Both Sexes Have Comparable Levels of Serum PRLBP--
Because the
previous experiments utilized the serum of a single, nonlactating
female donor, we wished to examine the variation in the levels of PRLBP
observed between the sexes. This was accomplished by anti-PRLR
immunoprecipitation analysis of donor serum and milk. As shown in Fig.
3, there was no significant difference in
the amounts of PRLBP found in the sera of nonpregnant, nonlactating females (lanes 1-5) and males (lanes
6-9) with respective levels averaging 15.3 ± 1.3 ng/ml versus 13.4 ± 0.8 ng/ml PRLBP. We also observed
no significant difference in the amounts of PRLBP found in the sera of
these women as compared with sera from 24-h postpartum mothers (data
not shown). Additionally, PRLBP was found in the breast milk of a
lactating mother (Fig. 3A, lane 10) although at
somewhat lower levels than in serum, as was similarly shown for other
mammals (13, 14).
Biochemical Identification of the PRLBP--
The PRLR is
known to be highly glycosylated on the asparagine residues of
its extracellular domain (22). To determine whether the PRLBP was
glycosylated to a similar degree, immunoprecipitated PRLBP was treated
with the general deglycosidase glycopeptidase F and then
electrophoresed along with recombinant PRLBP expressed in E. coli (Fig. 4A). No shift
in electrophoretic mobility was observed upon glycopeptidase F
treatment, suggesting that serum PRLBP was not glycosylated and had the
same apparent molecular mass as the recombinant form of the PRL
ECD (32 kDa). Although two antibodies generated against the
extracellular domain of the PRLR were immunoreactive against serum and
milk PRLBP (Figs. 1 and 2), we could not entirely rule out that this
was attributable to cross-reactivity to a highly homologous protein.

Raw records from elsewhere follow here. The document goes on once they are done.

-- ===== src/Examples/Settings.antt =====
-- A configuration, the standard library's functions and the answers of the outside for a tick that merges
-- a change: values for the runs in the modules beside this one.
use qwen_autonomous_supervis.Prelude.{String, true, false, none, some, [], ◌∷◌}
use qwen_autonomous_supervis.Prelude.Int.{pos}
use qwen_autonomous_supervis.Json.{bool, int, str, arr, obj, end, field, nil, Fields}
use qwen_autonomous_supervis.Errors.{ok, err, os_error}
use qwen_autonomous_supervis.Config.{SupervisorConfig}
use qwen_autonomous_supervis.Policy.{exited}
use qwen_autonomous_supervis.Qwen.{Session}
use qwen_autonomous_supervis.Runtime.Answers.{Answers, Tools, TickOutcome}

abbrev pub config : SupervisorConfig
config = record {
  config_path = "/repo/qas.yaml";
  project_root = "/repo";
  runtime_dir = "/state";
  qwen = record {
    binary = "qwen";
    model = "qwen3.8-max";
    approval_mode = "auto";
    sandbox = true;
    persistent_retry = false;
    max_wall_time = "90m";
    max_tool_calls = 300;
    max_session_turns = 120;
    max_output_tokens = 8192;
    use_system_certificate_store = false;
    reasoning_effort = none;
    exclude_tools = [];
    environment_allowlist = "PATH" ∷ [];
  };
  governance = record { protected_paths = "AGENTS.md" ∷ [] };
  dogfood_scenarios_directory = ".autonomy/dogfood";
  scheduler = record {
    loop_minutes = 5000000;
    lease_seconds = 600;
    heartbeat_seconds = 30;
    silence_timeout_seconds = 900;
    shutdown_grace_seconds = 10;
  };
  recovery = record {
    maximum_identical_failures = 3;
    retry_base_seconds = 60;
    retry_maximum_seconds = 3600;
  };
  review = record {
    enabled = true;
    model = "qwen3.8-max";
    max_wall_time = "20m";
    max_tool_calls = 1;
    maximum_critical_findings = 0;
  };
  quality_gates = record { name = "tests"; command = "pytest" ∷ []; timeout_seconds = 60 } ∷ [];
  observability = record {
    host = "127.0.0.1";
    port = 8787;
    input_cost_per_million = 400000;
    output_cost_per_million = 1600000;
  };
  budgets = record {
    max_tokens_per_tick = 1000;
    max_tokens_per_hour = 5000;
    max_tokens_per_day = 20000;
    max_tokens_per_issue = 3000;
    max_cost_per_tick = none;
    max_cost_per_hour = none;
    max_cost_per_day = some 5000000;
    max_cost_per_issue = none;
  };
  storage = record {
    minimum_free_bytes = 100;
    max_log_bytes = 1000;
    log_backup_count = 3;
    artifact_retention_days = 30;
    maximum_artifacts = 100;
  };
  jobs = record { max_concurrent = 2 };
}

abbrev pub tools : Tools
tools = record {
  fnmatch = λ path pattern. false;
  loads = λ s. none;
  canonical_json = λ v. "{}";
  spelled = λ v. "None";
  fingerprint = λ operation evidence. "f";
  is_transient = λ s. false;
  scan_added_secrets = λ diff. [];
}

abbrev pub coordinated : Fields
coordinated = field "state" (str "done") (
    field "action" (str "merge") (
      field "summary" (str "merged")
        (field "mutation" (bool true) (field "requires_review" (bool true) end))))

abbrev pub reviewed : Fields
reviewed =
    field "verdict" (str "pass") (field "summary" (str "good") (field "findings" (arr nil) end))

-- A session that says this, under its id.
abbrev pub session_of : String → Fields → Session
session_of id output = record {
  started_at = 2;
  pid = 7;
  beats = record { at = 3; session = some id } ∷ [];
  result = ok (record {
    exit_code = pos 0;
    reason = "completed";
    stdout_tail = "";
    stdout_lines = [];
    has_api_error = false;
    stderr_tail = "";
    session_id = some id;
    structured_output = obj output;
    usage = obj (field "input_tokens" (int (pos 20)) end);
  });
}

abbrev pub answers : Answers
answers = record {
  tick_id = "t";
  run_id = "r";
  review_run_id = "v";
  started_at = 1;
  checked_at = 2;
  used_at = 4;
  reviewed_at = 5;
  ended_at = 6;
  start_noted = ok tt;
  removed = ok 0;
  integrity = ok tt;
  runtime_free = ok 1000;
  project_free = ok none;
  root_is_dir = true;
  baseline = ok "abc";
  branch = ok "main";
  worktree = ok ("", "d");
  changed_before = ok [];
  snapshot = ok (obj end);
  coordinator = ok (session_of "s1" coordinated);
  final_status = ok "";
  changed_after = ok ("src/app.py" ∷ []);
  after_snapshot = ok (obj end);
  head_after = ok "def";
  diff = ok "+x = 1";
  gate_runs = λ g. ok (1, exited (pos 0) "passed" "");
  reviewer = ok (session_of "s2" reviewed);
  interrupted_head = ok "abc";
  interrupted_worktree = ok ("", "d");
}

-- The same, but the coordinator cannot be started.
abbrev pub broken : Answers
broken = record answers { coordinator = err (os_error "no such file") }

abbrev pub outcome : TickOutcome
outcome = record {
  tick_id = "t";
  run_id = "r";
  state = "done";
  success = true;
  reason = "success";
  review_passed = some true;
}
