-- ===== src/Runtime/Budgets/Laws.antt =====
-- When the budgets let the work go on, and what a model call adds to the log.
use qwen_autonomous_supervis.Prelude.{
  ℕ, ◌*◌, String, ◌≡◌, ◌↔◌, refl, Bool, Option, none, some, List, [], ◌∷◌, arith, All, inl, inr,
  Bool-cases, exists, ◌-◌, if◌then◌else◌,
}
use qwen_autonomous_supervis.Prelude.Int.{ℤ, pos, ◌≤ℤ◌, ◌+ℤ◌, scale}
use qwen_autonomous_supervis.Prelude.Text.{◌+s◌}
use qwen_autonomous_supervis.Json.{Json, obj, end, field, str, int, null}
use qwen_autonomous_supervis.Errors.{Exception, Result, ok, err, budget_exceeded, ◌>>◌}
use qwen_autonomous_supervis.Config.{SupervisorConfig, ObservabilityConfig}
use qwen_autonomous_supervis.Ledger.Events.{Event, clashes, next_id, append_event}
use qwen_autonomous_supervis.Ledger.Usage.{usage_totals}
use qwen_autonomous_supervis.Ledger.Usage.Collect.{Totals}
use qwen_autonomous_supervis.Runtime.Budgets.{
  cost, Scope, scopes_of, tokens_spent, cost_spent, token_message, check_scope, check_scopes,
  assert_budgets, usage_details, record_model_usage,
}

-- Below the token limit, and below the cost limit if there is one.
abbrev HasRoom : ObservabilityConfig → List Event → Scope → Type 0
HasRoom o events s =
    ¬ (pos s.token_limit ≤ℤ (usage_totals s.query events).total_tokens) × elim s.cost_limit [
      | none ↦ Unit {0}
      | some limit ↦ ¬ (pos (limit * 1000000) ≤ℤ cost o (usage_totals s.query events))
    ]

check_scope_iff :
    (o : ObservabilityConfig) (s : Scope) (events : List Event)
    → (check_scope o s events ≡ ok tt) ↔ HasRoom o events s
unfolding check_scope
check_scope_iff o s events = ground arith

both_ok : (m k : Result (Unit {0})) → ((m >> k) ≡ ok tt) ↔ ((m ≡ ok tt) × (k ≡ ok tt))
both_ok (ok u) k = (λ h. (refl, h), λ h. h.1)
both_ok (err e) k = (λ h. cc, λ h. cc (h.0))

check_scopes_iff :
    (o : ObservabilityConfig) (ss : List Scope) (events : List Event)
    → (check_scopes o ss events ≡ ok tt) ↔ All (HasRoom o events) ss
unfolding check_scopes
check_scopes_iff o [] events = (λ _. tt, λ _. refl)
check_scopes_iff o (s ∷ ss) events =
    let both = both_ok (check_scope o s events) (check_scopes o ss events) in
    let first = check_scope_iff o s events in
    let rest = check_scopes_iff o ss events in
    (λ h. let (a, b) = both.0 h in (first.0 a, rest.0 b), λ h. both.1 (first.1 h.0, rest.1 h.1))

-- Totals below a token limit, and below a cost limit if there is one. A million input tokens and a million
-- output tokens have their own prices in millionths, so a limit in millionths is compared times a million.
abbrev pub Fits : ObservabilityConfig → Totals → ℕ → Option ℕ → Type 0
Fits o t tokens money = ¬ (pos tokens ≤ℤ t.total_tokens) × elim money [
  | none ↦ Unit {0}
  | some limit ↦ ¬ (
      pos (limit * 1000000) ≤ℤ (
        scale o.input_cost_per_million t.input_tokens
        +ℤ scale o.output_cost_per_million t.output_tokens))
]

-- The totals since a moment, of a tick, and of an issue.
abbrev pub totals_since : ℕ → List Event → Totals
totals_since moment events =
    usage_totals (record { since = some moment; tick_id = none; issue_number = none }) events

abbrev pub totals_of_tick : String → List Event → Totals
totals_of_tick tick_id events =
    usage_totals (record { since = none; tick_id = some tick_id; issue_number = none }) events

abbrev pub totals_of_issue : ℤ → List Event → Totals
totals_of_issue n events =
    usage_totals (record { since = none; tick_id = none; issue_number = some n }) events

-- What is left for the hour, the day, the tick and the issue at a moment in microseconds.
abbrev pub HasBudget : SupervisorConfig → ℕ → String → Option ℤ → List Event → Type 0
HasBudget c now tick_id issue events =
    let o = c.observability in
    let b = c.budgets in
    Fits o (totals_since (now - 3600000000) events) b.max_tokens_per_hour b.max_cost_per_hour
    × Fits o (totals_since (now - 86400000000) events) b.max_tokens_per_day b.max_cost_per_day
    × Fits o (totals_of_tick tick_id events) b.max_tokens_per_tick b.max_cost_per_tick
    × elim issue [
      | none ↦ Unit {0}
      | some n ↦ Fits o (totals_of_issue n events) b.max_tokens_per_issue b.max_cost_per_issue
    ]

scopes_iff :
    (c : SupervisorConfig) (now : ℕ) (tick_id : String) (issue : Option ℤ) (events : List Event)
    → All (HasRoom c.observability events) (scopes_of c.budgets now tick_id issue)
      ↔ HasBudget c now tick_id issue events
unfolding scopes_of cost
scopes_iff c now tick_id none events =
    (λ h. (h.0, h.1.0, h.1.1.0, tt), λ h. (h.0, (h.1, (h.2, tt))))
scopes_iff c now tick_id (some n) events =
    (λ h. (h.0, h.1.0, h.1.1.0, h.1.1.1.0), λ h. (h.0, (h.1, (h.2, (h.3, tt)))))

-- `_assert_budgets` passes exactly if the tokens and the cost of the last hour, of the last day, of the
-- tick and, if there is an issue, of the issue are each below the configured limits: the tokens
-- below the token limit, and, where there is a cost limit, the input tokens at their price plus the
-- output tokens at theirs below it.
pub assert_budgets_iff :
    (c : SupervisorConfig) (now : ℕ) (tick_id : String) (issue : Option ℤ) (events : List Event)
    → (assert_budgets c now tick_id issue events ≡ ok tt) ↔ HasBudget c now tick_id issue events
unfolding assert_budgets
assert_budgets_iff c now tick_id issue events =
    let checked = check_scopes_iff c.observability (scopes_of c.budgets now tick_id issue) events in
    let scopes = scopes_iff c now tick_id issue events in
    (λ h. scopes.0 (checked.0 h), λ h. checked.1 (scopes.1 h))

check_scopes-raises :
    (o : ObservabilityConfig) (ss : List Scope) (events : List Event) (e : Exception)
    → check_scopes o ss events ≡ err e
    → (m : String) × (e ≡ budget_exceeded m)
unfolding check_scopes check_scope
check_scopes-raises o [] events e h = cc
check_scopes-raises o (s ∷ ss) events e h = elim (Bool-cases (over_tokens)) [
  | inl t ↦ (token_message s (usage_totals s.query events), ground arith)
  | inr t ↦ elim (Bool-cases over_cost) [
    | inl m ↦ (s.name +s " cost budget exhausted", ground arith)
    | inr m ↦ check_scopes-raises o ss events e (ground arith)
  ]
]
  where
    over_tokens : Bool
    over_tokens = tokens_spent (usage_totals s.query events) s.token_limit

    over_cost : Bool
    over_cost = cost_spent o (usage_totals s.query events) s.cost_limit

-- The log with the charge of a call, which one operation key has once.
abbrev pub with_charge : ℕ → String → String → String → Option ℤ → Json → List Event → List Event
with_charge now role run_id tick_id issue usage events =
    if exists (clashes (some ("model-usage:" +s run_id))) events
    then events
    else (record {
      id = next_id events;
      timestamp = now;
      kind = "model_usage";
      run_id = some run_id;
      tick_id = some tick_id;
      state = some "running";
      operation_key = some ("model-usage:" +s run_id);
      payload = obj (
          field "role" (str role) (
            field "issue_number" (elim issue [ none ↦ null | some n ↦ int n ])
              (field "usage" usage end)));
    }
        ∷ events)

append_event-with_charge :
    (now : ℕ) (role run_id tick_id : String) (issue : Option ℤ) (usage : Json) (events : List Event)
    → (append_event now "model_usage" (usage_details role run_id tick_id issue usage) events).1
      ≡ with_charge now role run_id tick_id issue usage events
unfolding append_event
append_event-with_charge now role run_id tick_id issue usage events =
    elim (Bool-cases (exists (clashes (some ("model-usage:" +s run_id))) events)) [
      | inl e ↦ rw e refl
      | inr e ↦ rw e (elim issue [ none ↦ refl | some n ↦ refl ])
    ]

-- Whatever a model call used, and whether or not the budgets then stop the work: unless an event of that
-- run's call stands in the log, the log gains one event, of kind `model_usage`, with the run, the tick, the
-- role, the issue and the usage as they were given, and nothing else changes; the work goes on exactly if
-- the hour, the day, the tick and the issue are within their budgets with that event in the log; and what
-- stops it is the exhaustion of a budget.
pub record_model_usage_lem :
    (c : SupervisorConfig) (now : ℕ) (role run_id tick_id : String) (issue : Option ℤ)
    (usage : Json) (events : List Event)
    → let (r, events') = record_model_usage c now role run_id tick_id issue usage events in
      (events' ≡ with_charge now role run_id tick_id issue usage events)
      × ((r ≡ ok tt) ↔ HasBudget c now tick_id issue events')
      × ((e : Exception) → r ≡ err e → (m : String) × (e ≡ budget_exceeded m))
unfolding record_model_usage
record_model_usage_lem c now role run_id tick_id issue usage events = (
  append_event-with_charge now role run_id tick_id issue usage events,
  assert_budgets_iff c now tick_id issue _,
  λ e h. unfold assert_budgets in check_scopes-raises c.observability _ _ e h,
)
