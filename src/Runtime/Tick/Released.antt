-- ===== src/Runtime/Tick/Released.antt =====
-- The coordinator's lease over a tick of src/qas/runtime.py.
use qwen_autonomous_supervis.Prelude.{
  ◌≡◌, refl, sym, Bool, true, false, exists, delete, exists-delete, Bool-cases, inl, inr, not, ◌&&◌,
  str_eq_refl,
}
use qwen_autonomous_supervis.Errors.{Result, ok, err}
use qwen_autonomous_supervis.Effects.{finally, ◌>>=◌}
use qwen_autonomous_supervis.Config.{SupervisorConfig}
use qwen_autonomous_supervis.Ledger.{Ledger}
use qwen_autonomous_supervis.Ledger.Leases.{
  is_held_by, is_for, is_expired, acquire_lease, release_lease,
}
use qwen_autonomous_supervis.Ledger.Leases.Exclusion.{is_busy, exists-delete-is_expired}
use qwen_autonomous_supervis.Runtime.Answers.{Answers, Tools}
use qwen_autonomous_supervis.Runtime.Tick.Steps.{TickState, log}
use qwen_autonomous_supervis.Runtime.Tick.Run.{supervise, release, begin, note_start, tick}

-- Whether a step raised.
abbrev pub is_error : {A : Type 0} → Result A → Bool
is_error (ok a) = false
is_error (err e) = true

module _ (c : SupervisorConfig) (t : Tools) (a : Answers) where
  releases :
      (s : TickState)
      → exists (is_held_by "coordinator" a.tick_id) (release c t a s).ledger.leases ≡ false
  unfolding release release_lease
  releases s = exists-delete (is_held_by "coordinator" a.tick_id) s.ledger.leases

  supervise-releases :
      (s : TickState)
      → exists (is_held_by "coordinator" a.tick_id) (supervise c t a s).1.ledger.leases ≡ false
  unfolding supervise ◌>>=◌ finally log
  supervise-releases s = releases _

  noted_lem :
      (noted : Result (Unit {0})) (l : Ledger)
      → exists (is_held_by "coordinator" a.tick_id) l.leases ≡ true
      → exists (is_held_by "coordinator" a.tick_id) (note_start c t a noted l).1.leases
        ≡ is_error noted
  noted_lem (ok u) l h = supervise-releases (begin c t a l)
  noted_lem (err e) l h = h

  -- A tick leaves a lease of its own behind exactly if it took the lease, which no unexpired lease of the
  -- coordinator prevented, and its event `tick_started` could then not be written: that event stands before the
  -- `try` block. However the `try` block ends, by an outcome or by an exception that no clause catches, the lease
  -- is released. No lease has the tick's own id before, and the
  -- statements of the ledger after that event are taken to succeed.
  pub tick-releases :
      (l : Ledger)
      → exists (is_held_by "coordinator" a.tick_id) l.leases ≡ false
      → exists (is_held_by "coordinator" a.tick_id) (tick c t a l).1.leases
        ≡ (not (exists (is_busy "coordinator" a.started_at) l.leases) && is_error a.start_noted)
  unfolding tick acquire_lease
  tick-releases l h =
      let free = exists-delete-is_expired "coordinator" a.started_at l.leases in
      rw (sym free)
        (elim (Bool-cases (
          exists (is_for "coordinator")
            (delete (is_expired "coordinator" a.started_at) l.leases))) [
              | inl y ↦ rw y h
              | inr n ↦ rw n (noted_lem a.start_noted _ (rw (str_eq_refl a.tick_id) refl))
            ])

Attempts at N-terminal amino acid sequencing, however, were
noninformative, possibly because of a blocked N terminus. Therefore,
serum PRLBP was excised from an SDS-polyacrylamide gel and subjected to
protease digestion with Asp-N or Lys-C (Fig. 4B). As a
positive control, recombinant PRLR ECD was digested in parallel. GST
digestion served as a negative control. The peptide fragments resulting
from the digestion of serum PRLBP showed an electrophoretic profile
highly similar to the PRLR ECD (Fig. 4B, row 1 versus row 2). In contrast, the pattern differed
from that of GST (Fig. 4B, row 2 versus
row 3), suggesting that the PRLBP was indeed homologous to
the extracellular domain of the PRLR. To confirm this observation,
MALDI-MS was performed on PRLBP immunoprecipitated from serum as
compared with recombinant human PRLBP. Four tryptic peptides
with molecular masses of 971, 1399, 1772, and 1893 correlated
between the serum PRLBP and the positive control of rPRLR ECD (Fig.
4C, middle versus bottom
panel). Mass data base searching revealed homology to the PRLR
ECD, and two peaks corresponded to tryptic fragments of this region
(Fig. 4C, arrows in the bottom
panel).
Recombinant Human PRLBP Inhibits the Proliferation of Nb2 cells
Stimulated with Human PRL--
As the GHBP can modulate the activity
of GH, we wished to determine the effect of purified recombinant PRLBP
on the biological activity of hPRL using the rat Nb2-11C lymphoma cell
proliferation assay (Fig. 5). As
increasing concentrations of PRLBP were added, a 3-fold reduction in
cell proliferation was noted (Fig. 5A). Importantly, the
PRLBP by itself was not toxic to cells. Therefore, the overall decrease
in proliferation could be attributed to the PRLBP competing with cell
surface receptors for ligand. This competition also extended to other
members of the somatolactogenic family of ligands. As the control
protein BSA was observed to have no positive or negative effect on
PRL-induced proliferation (data not shown), we compared the effects of
coincubation of BSA or PRLBP with other somatolactogenic hormones on
Nb2 cell proliferation. The inclusion of PRLBP into the medium of
either PL- or GH-stimulated Nb2 cells was found to decrease
ligand-induced cell proliferation, an effect not observed for BSA (Fig.
5B).
Previous searches for the presence of a soluble form of the PRLR
in mammalian biological fluids only resulted in the discovery of a
putative PRLBP in milk samples (12-14). However, attempts to find a
PRLBP in sera were unsuccessful, resulting from the general lack of
robust anti-PRLR antibodies. In this study, we show evidence for a
soluble PRLBP in human plasma. Using a high avidity anti-PRLR antiserum
(19) generated by our laboratory, it was possible to immunoprecipitate
a protein from human plasma that was subsequently recognized by an
anti-PRLR monoclonal antibody during immunoblot analysis (Fig.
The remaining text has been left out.